Animals are a great deal more intelligent (Are We Smart Enough to Know How Smart Animals Are? by F.M.B. deWaal; The Inner Life of Animals: Love, Grief, and Compassion: Surprising Observations of a Hidden World, by Peter Wolleben) than we had previously known, as are trees and plants (The Hidden Life of Trees: What They Feel, How They Communicate: Discoveries from a Secret World, also by Wolleben).

I used to think of terra firma as reliable firm, solid, something on which I could stand without fear of relocation barring severe winds or a sudden raging river. Lately, it seems, there are sinkholes in many places capable of swallowing whole automobiles and houses.
That wonderful substance chocolate has a terrible history of oppression attached to it (Bitter Chocolate, by Carol Off). Swedish meatballs were invented not by Swedish IDEA, but originated in Istanbul https://www.196flavors.com/sweden-kottbullar-swedish-meatballs/.  Abraham Lincoln, far from being the humble figure about whom I had learned, craftily used photography to burnish and spread his image throughout the country (“Photography and Mr. Lincoln,” by Rebecca Gross https://www.arts.gov/art-works/2014/photography-and-mr-lincoln.
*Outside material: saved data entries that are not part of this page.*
-- ===== src/Rmw/Publish/Checks.antt =====
-- Arguments that a publisher function refuses.
use rmw_iceoryx.Common.{refl, ◌≡◌, err, arith, ℕ, Option, none, some, false}
use rmw_iceoryx.Errors.{RetCode}
use rmw_iceoryx.Message.{TypeSupport}
use rmw_iceoryx.Publisher.{PublisherPort, Session}
use rmw_iceoryx.Rmw.Ensure.{is_own, RefusesCleanly, IsCleanAt, clean_at}
use rmw_iceoryx.Rmw.Serialize.{SerializedMessage}
use rmw_iceoryx.Rmw.Publish.{
  PublisherHandle, rmw_publish, rmw_borrow_loaned_message, rmw_return_loaned_message_from_publisher,
  rmw_publish_loaned_message, rmw_publish_serialized_message, publish_serialized,
  publish_unserialized,
}

module _ {port : PublisherPort} where
  open port use {Message}

  publish_serialized-fails :
      (m : Message) (s : Session port) (c : RetCode)
      → (publish_serialized m s).0 ≡ err c
      → c ≡ RetCode.error
  unfolding publish_serialized
  publish_serialized-fails m s c e = ground arith

  publish_unserialized-fails :
      (m : Message) (s : Session port) (c : RetCode)
      → (publish_unserialized m s).0 ≡ err c
      → c ≡ RetCode.error
  unfolding publish_unserialized
  publish_unserialized-fails m s c e = ground arith

  rmw_publish-RefusesCleanly :
      (h : Option PublisherHandle) (msg : Option Message)
      → RefusesCleanly (rmw_publish {port = port} h msg)
  unfolding rmw_publish
  rmw_publish-RefusesCleanly none msg s c e n = refl
  rmw_publish-RefusesCleanly (some h) none s c e n = ground arith
  rmw_publish-RefusesCleanly (some h) (some m) s c e n =
      ground (arith, publish_serialized-fails m s c, publish_unserialized-fails m s c)

  rmw_borrow-RefusesCleanly :
      (h : Option PublisherHandle) (ts : Option (TypeSupport Message)) (out : Option (Option ℕ))
      → RefusesCleanly (rmw_borrow_loaned_message {port = port} h ts out)
  unfolding rmw_borrow_loaned_message
  rmw_borrow-RefusesCleanly h ts out s c e n = ground arith

  rmw_return-RefusesCleanly :
      (h : Option PublisherHandle) (p : Option ℕ)
      → RefusesCleanly (rmw_return_loaned_message_from_publisher {port = port} h p)
  unfolding rmw_return_loaned_message_from_publisher
  rmw_return-RefusesCleanly h p s c e n = ground arith

  rmw_publish_loaned-RefusesCleanly :
      (h : Option PublisherHandle) (p : Option ℕ)
      → RefusesCleanly (rmw_publish_loaned_message {port = port} h p)
  unfolding rmw_publish_loaned_message
  rmw_publish_loaned-RefusesCleanly h p s c e n = ground arith

  rmw_publish_serialized-RefusesCleanly :
      (h : Option PublisherHandle) (m : Option SerializedMessage)
      → RefusesCleanly (rmw_publish_serialized_message {port = port} h m)
  unfolding rmw_publish_serialized_message
  rmw_publish_serialized-RefusesCleanly h m s c e n = ground arith

  -- Whatever the arguments, a function that publishes, borrows or returns and fails with a code
  -- other than RMW_RET_ERROR leaves the publisher, its loans and the middleware as before.
  pub publisher_functions_clean :
      (h : Option PublisherHandle) (msg : Option Message) (p : Option ℕ)
      (ts : Option (TypeSupport Message)) (out : Option (Option ℕ)) (m : Option SerializedMessage)
      (s : Session port)
      → IsCleanAt s (rmw_publish h msg s)
        × IsCleanAt s (rmw_borrow_loaned_message h ts out s)
        × IsCleanAt s (rmw_return_loaned_message_from_publisher h p s)
        × IsCleanAt s (rmw_publish_loaned_message h p s)
        × IsCleanAt s (rmw_publish_serialized_message h m s)
  publisher_functions_clean h msg p ts out m s = (
    clean_at (rmw_publish h msg) s (rmw_publish-RefusesCleanly h msg),
    clean_at (rmw_borrow_loaned_message h ts out) s (rmw_borrow-RefusesCleanly h ts out),
    clean_at (rmw_return_loaned_message_from_publisher h p) s (rmw_return-RefusesCleanly h p),
    clean_at (rmw_publish_loaned_message h p) s (rmw_publish_loaned-RefusesCleanly h p),
    clean_at (rmw_publish_serialized_message h m) s (rmw_publish_serialized-RefusesCleanly h m),
  )

  -- A null or foreign publisher is refused by the functions that publish, with the code for it.
  pub publish-wrong_handle :
      (h : PublisherHandle) (msg : Option Message) (p : Option ℕ) (s : Session port)
      → is_own h.implementation_identifier ≡ false
      → (rmw_publish none msg s ≡ (err RetCode.invalid_argument, s))
        × (rmw_publish (some h) msg s ≡ (err RetCode.incorrect_rmw_implementation, s))
        × (rmw_publish_loaned_message none p s ≡ (err RetCode.invalid_argument, s))
        × (rmw_publish_loaned_message (some h) p s ≡ (err RetCode.incorrect_rmw_implementation, s))
  unfolding rmw_publish rmw_publish_loaned_message
  publish-wrong_handle h msg p s e = ground arith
Mythos is the foundational belief, upon which we stand as we explain life to ourselves. It is to some extent based upon history, particularly our own living of it, and upon faith (the hope which is validated by our experience so far). When we have not accurately perceived the past, finding or forming a personal or cultural foundational myth is as difficult as being sure of the reliability of the ground upon which we stand. So now I find that I must not only work very hard to learn about what is new, and consider whether to give informed consent to it as part of my framework of reference for my life and Life around me. I must also re-learn some of the past, and consider whether to give informed consent to that as well. Additionally, I must examine the potentials in the future through the lens of a re-worked past. “Those who don’t know history are destined to repeat it,” wrote (or said) Edmund Burke. Perhaps this is an impossible expectation.